Last week Florida asked for federal financial assistance for thousands of homeowners with property damage caused by defective Chinese drywall.
But the Federal Emergency Management Agency, which typically deals with hurricanes and other natural disasters, isn’t going along.
The state says it has identified 2,505 homes that have had their appraisal values downgraded due to damage from tainted Chinese drywall and another 86 claims are pending. Hardest hit is Lee County, with more than 1,100 cases.
In addition, state public health officials have identified 530 homes that have been subject to metal corrosion due to the drywall.
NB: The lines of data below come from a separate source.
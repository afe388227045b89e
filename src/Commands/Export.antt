-- ===== src/Commands/Export.antt =====
-- integrations/llama_cpp/runtime_commands.py: `_summarize_commands`, the counts of an export.
use solid_attention.Base.{
  ℕ, ◌+◌, ◌==◌, str_eq, String, Bool, not, ◌&&◌, Option, none, some, List, [], ◌∷◌, Result, ok, err,
  key_error, ◌>>=◌, length, filter_by, sum_by,
}
use solid_attention.Base.Dict.{Dict, get, set}
use solid_attention.Base.Texts.{string_discrete}
use solid_attention.Commands.{LlamaKvCommand, is_load}

pub record RuntimeCommandExport : Type 0 where
  pub plan_path : String
  pub command_count : ℕ
  pub command_counts_by_op : Dict String ℕ
  pub ssd_read_command_count : ℕ
  pub ssd_write_command_count : ℕ
  pub ssd_read_bytes : ℕ
  pub ssd_write_bytes : ℕ
  pub jsonl_path : Option String
  pub summary_path : Option String

-- `{op: 0 for op in sorted(MOVEMENT_COMMAND_OPS)}`
abbrev pub no_counts : Dict String ℕ
no_counts = ("kv_compute", 0) ∷ ("kv_evict", 0) ∷ ("kv_load", 0) ∷ ("kv_prefetch", 0) ∷ []

module _ {Fl : Type 0} where
  -- `for command in commands: counts[command.op] += 1`
  unfoldable pub count_loop : Dict String ℕ → List (LlamaKvCommand Fl) → Result (Dict String ℕ)
  count_loop d [] = ok d
  count_loop d (c ∷ cs) = elim (get string_discrete c.op d) [
    | none ↦ err (key_error "counts")
    | some n ↦ count_loop (set string_discrete c.op (n + 1) d) cs
  ]

  abbrev pub is_ssd_read : LlamaKvCommand Fl → Bool
  is_ssd_read c = is_load c.op && str_eq c.source "ssd"

  abbrev pub is_ssd_write : LlamaKvCommand Fl → Bool
  is_ssd_write c = str_eq c.op "kv_evict" && str_eq c.target "ssd"

  -- The record that `_summarize_commands` returns, from the counts.
  abbrev pub export_of :
      String
      → List (LlamaKvCommand Fl)
      → Option String
      → Option String
      → Dict String ℕ
      → RuntimeCommandExport
  export_of plan_path commands jsonl_path summary_path counts =
      let ssd_reads = filter_by is_ssd_read commands in
      let ssd_writes = filter_by is_ssd_write commands in
      record {
        plan_path = plan_path;
        command_count = length commands;
        command_counts_by_op = filter_by (λ e. not (e.1 == 0)) counts;
        ssd_read_command_count = length ssd_reads;
        ssd_write_command_count = length ssd_writes;
        ssd_read_bytes = sum_by (λ c. c.size_bytes) ssd_reads;
        ssd_write_bytes = sum_by (λ c. c.size_bytes) ssd_writes;
        jsonl_path = jsonl_path;
        summary_path = summary_path;
      }

  -- `_summarize_commands`
  unfoldable pub summarize_commands :
      String
      → List (LlamaKvCommand Fl)
      → Option String
      → Option String
      → Result RuntimeCommandExport
  unfolding count_loop
  summarize_commands plan_path commands jsonl_path summary_path =
      count_loop no_counts commands >>= λ counts.
      ok (export_of plan_path commands jsonl_path summary_path counts)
In a May 10 letter to FEMA, David Halstead, interim director of the Florida Division of Emergency Management, asked FEMA for financial aid for the homeowners. Halstead said that Gov. Charlie Crist directed him to request the FEMA financial aid for the families.
“These homeowners have suffered greatly and have no means by which to repair their home,” Halstead wrote. He said many have been forced to move from their homes due to health risks and noxious fumes.
But two days later, FEMA’s regional office wrote back that the situation does not constitute an emergency or disaster that would qualify for federal relief.
The FEMA letter encourages the state to continue working with the federal Consumer Product Safety Commission officials and to encourage homeowners and municipalities to avail themselves of remedies announced by HUD in December 2009.
Florida attorney Mike Ryan, a partner at Krupnick Campbell Malone Buser Slama Hancock Liberman & McKee, who represents homeowners, blasted the FEMA response.
“FEMA just doesn’t get it. This is not purely a consumer product safety issue. This is a man-made disaster that has wrecked homes and communities. There is simply no prohibition under the FEMA empowering law against helping homeowners and communities during a man-made disaster.”
Homeowners insurance does not cover damage from Chinese drywall and the manufacturers and installers have denied liability.
Ryan said there are no available resources at CPSC or HUD to help homeowners. “That suggestion alone proves FEMA has no idea what these homeowners and businesses are going through or what resources are available,” the attorney said.